BEGIN RECORDS SHOWN

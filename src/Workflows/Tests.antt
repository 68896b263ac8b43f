-- ===== src/Workflows/Tests.antt =====
-- Runs of the workflow definitions at concrete inputs, and the theorems applied to them.
use growth_operator.Prelude.Int.{pos}
use growth_operator.Prelude.Json.{Json, null, str}
use growth_operator.Workflows.Vars.{parse_duration_s}
use growth_operator.Workflows.Program.{
  AgentTask, HumanTask, Wait, Steps, set, agent_task, wait, human_task, branch, stop, then_step,
  no_case, when, compile_program, emit_steps, instr_at, Instr, agent_op, human_op, jump_op,
  branch_op, end_op, wait_op, set_op,
}
use growth_operator.Workflows.Program.Forward.{compile_program_forward, Leads}
use growth_operator.Workflows.Run.{
  Run, Definition, Subscription, running, waiting, completed, is_waiting, pending, matched,
}
use growth_operator.Workflows.Executor.{Env, tool_ok}
use growth_operator.Workflows.Advance.{drive, run_of}
use growth_operator.Workflows.Resume.{
  Signal, resume_signal, human_signal, on_signals, resume_human, resolved,
}
use growth_operator.Workflows.Resume.Once.{on_signals-call-once, Descends, Below}
use growth_operator.Workflows.Resume.Parked.{drive-Ends, Ends, repeated_decision_passes}
use growth_operator.Workflows.Runs.{TableOp, start_op, signal_op, apply_ops, Concurrency}
use growth_operator.Workflows.Runs.Single.{AtMostOne}
use growth_operator.Workflows.Runs.Start.{apply_ops-AtMostOne, is_policy}
use growth_operator.Workflows.Waits.{claim, is_reply_to, is_timed_out, match_reply, is_pending}
use growth_operator.Workflows.Waits.Claimed.{claim-once, claimable}
use growth_operator.Prelude.{
  String, not, some, List, suc, [], ◌≡◌, ℕ, arith, str_eq, true, ◌&&◌, none, ◌∷◌, Option, length,
  refl,
}

abbrev classify : AgentTask
classify = record {
  archetype = "planner";
  task = "classify";
  input_map = [];
  timeout = none;
  tier = none;
  output = "reason" ∷ [];
  output_as = some "diagnose";
}

abbrev ask_owner : HumanTask
ask_owner = record {
  kind = "approval_gate";
  assignee = some "owner";
  timeout = none;
  payload = none;
  mode = none;
  options_from = none;
  recommended = none;
  label_sink = none;
}

abbrev reply_wait : Wait
reply_wait = record { wait_for = "reply"; timeout = some (str "72h"); event = none }

-- An agent task, a branch to two human tasks in a row or to a wait for a reply, and an event.
abbrev recovery : Steps
recovery = then_step (agent_task classify) (
    then_step
      (branch
        (when "holds" (then_step (human_task ask_owner) (then_step (human_task ask_owner) stop))
          no_case)
        (then_step (wait reply_wait) stop))
      (then_step (set (("done", str "1") ∷ [])) stop))

abbrev sample_env : Env
sample_env = record {
  truthy = λ expr activation. str_eq expr "holds";
  cel = λ expr activation. some (str "k");
  run_agent = λ n t activation. ("status", str "completed") ∷ ("reason", str "price") ∷ [];
  run_tool = λ n t approved activation. tool_ok null;
  split = λ s. s ∷ [];
  now = 1000;
}

abbrev definition : Definition
definition = record { definition_id = 7; steps = recovery; compensation = none }

abbrev fresh : Run
fresh = record {
  run_id = 1;
  definition = definition;
  concurrency_key = some "k";
  subject = ("conversation_id", str "c1") ∷ [];
  vars = [];
  status = running;
  cursor = 0;
  events = [];
  subscriptions = [];
  approvals = [];
  emitted = [];
  agent_calls = [];
  compensation_calls = [];
}

recovery_compiles :
    compile_program recovery
    ≡ agent_op classify
      ∷ branch_op (("holds", 2) ∷ []) 5
      ∷ human_op ask_owner
      ∷ human_op ask_owner
      ∷ jump_op (some 7)
      ∷ wait_op reply_wait
      ∷ jump_op (some 7)
      ∷ set_op (("done", str "1") ∷ [])
      ∷ end_op
      ∷ []
unfolding compile_program
recovery_compiles = refl

days_parse : parse_duration_s (str " 30d ") ≡ some (pos 2592000)
unfolding parse_duration_s
days_parse = refl

bad_duration : parse_duration_s (str "30 days") ≡ none
unfolding parse_duration_s
bad_duration = refl

drive_parks : (run_of (drive sample_env fresh)).cursor ≡ 2
unfolding drive run_of
drive_parks = refl

abbrev approvals_given : List (Env × Signal)
approvals_given =
    (sample_env, resume_signal)
    ∷ (sample_env, human_signal "approved")
    ∷ (sample_env, human_signal "approved")
    ∷ []

completes_after_two : (on_signals approvals_given fresh).status ≡ completed
unfolding on_signals
completes_after_two = refl

compile_program_forward_example :
    let last = length (emit_steps recovery 0) in
    (length (compile_program recovery) ≡ suc last)
    × (instr_at last (compile_program recovery) ≡ some end_op)
    × ((pc : ℕ) (ins : Instr)
        → instr_at pc (compile_program recovery) ≡ some ins
        → Leads pc last ins)
compile_program_forward_example = compile_program_forward recovery

drive-Ends_example : Ends (drive sample_env fresh)
drive-Ends_example = drive-Ends sample_env fresh

on_signals-call-once_example :
    let r = on_signals approvals_given fresh in
    Descends r.agent_calls × Below (suc r.cursor) r.agent_calls
on_signals-call-once_example = on_signals-call-once approvals_given fresh refl

-- Parked at the first human task.
abbrev parked : Run
parked = record fresh { status = waiting; cursor = 2; agent_calls = 0 ∷ [] }

-- Parked there, by a definition whose compensation is one agent step.
abbrev compensable : Run
compensable = record parked {
  definition = record definition {
    compensation =
        some record { on_failure = then_step (agent_task classify) stop; alert = some "ops" };
  };
}

compensation_calls_agent :
    (run_of (resume_human sample_env "rejected" compensable).1).compensation_calls ≡ 0 ∷ []
unfolding resume_human run_of
compensation_calls_agent = refl

repeated_decision_passes_example :
    let r = run_of (resume_human sample_env "approved" parked).1 in
    (is_waiting r.status ≡ true)
    × (r.cursor ≡ 3)
    × (length r.approvals ≡ 1)
    × (resume_human sample_env "approved" r ≡ (true, drive sample_env (resolved "approved" r)))
unfolding is_waiting compile_program instr_at
repeated_decision_passes_example = repeated_decision_passes sample_env parked ask_owner refl refl

abbrev one_at_a_time : Option Concurrency
one_at_a_time = some record { policy = "queue"; key = "subject.contact" }

abbrev two_starts : List (Env × TableOp)
two_starts =
    (sample_env, start_op 1 definition one_at_a_time [])
    ∷ (sample_env, start_op 2 definition one_at_a_time [])
    ∷ (sample_env, signal_op 1 (human_signal "approved"))
    ∷ []

abbrev show_text : Json → String
show_text (str s) = s
show_text _ = ""

apply_ops-AtMostOne_example : AtMostOne (apply_ops show_text two_starts [])
unfolding is_policy
apply_ops-AtMostOne_example =
    apply_ops-AtMostOne show_text two_starts [] (refl, (refl, (tt, tt))) (λ d k. omega arith)

abbrev reply_row : Subscription
reply_row = record {
  step_id = 5;
  wait_for = "reply";
  correlation = ("conversation_id", str "c1") ∷ [];
  fire_at = none;
  timeout_at = some 900;
  status = pending;
}

abbrev waiting_runs : List Run
waiting_runs = record fresh { status = waiting; cursor = 5; subscriptions = reply_row ∷ [] } ∷ []

a_reply_wakes : (match_reply sample_env "c1" waiting_runs).0 ≡ 1
unfolding match_reply
a_reply_wakes = refl

claim-once_example :
    let first = claim (is_reply_to "c1") matched waiting_runs in
    (length first.0 ≡ claimable (is_reply_to "c1") waiting_runs)
    × (length (claim (is_timed_out 1000) matched first.1).0
        ≡ claimable (λ s. is_timed_out 1000 s && not (is_reply_to "c1" s)) waiting_runs)
unfolding is_pending
claim-once_example =
    claim-once (is_reply_to "c1") (is_timed_out 1000) matched matched waiting_runs refl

END RECORDS SHOWN

# PROBLEM TO SOLVE:
Find the word "resolved" in the entries above. Copy every line that has it.

# RESULT FOR THIS TASK:
  Signal, resume_signal, human_signal, on_signals, resume_human, resolved,
    × (resume_human sample_env "approved" r ≡ (true, drive sample_env (resolved "approved" r)))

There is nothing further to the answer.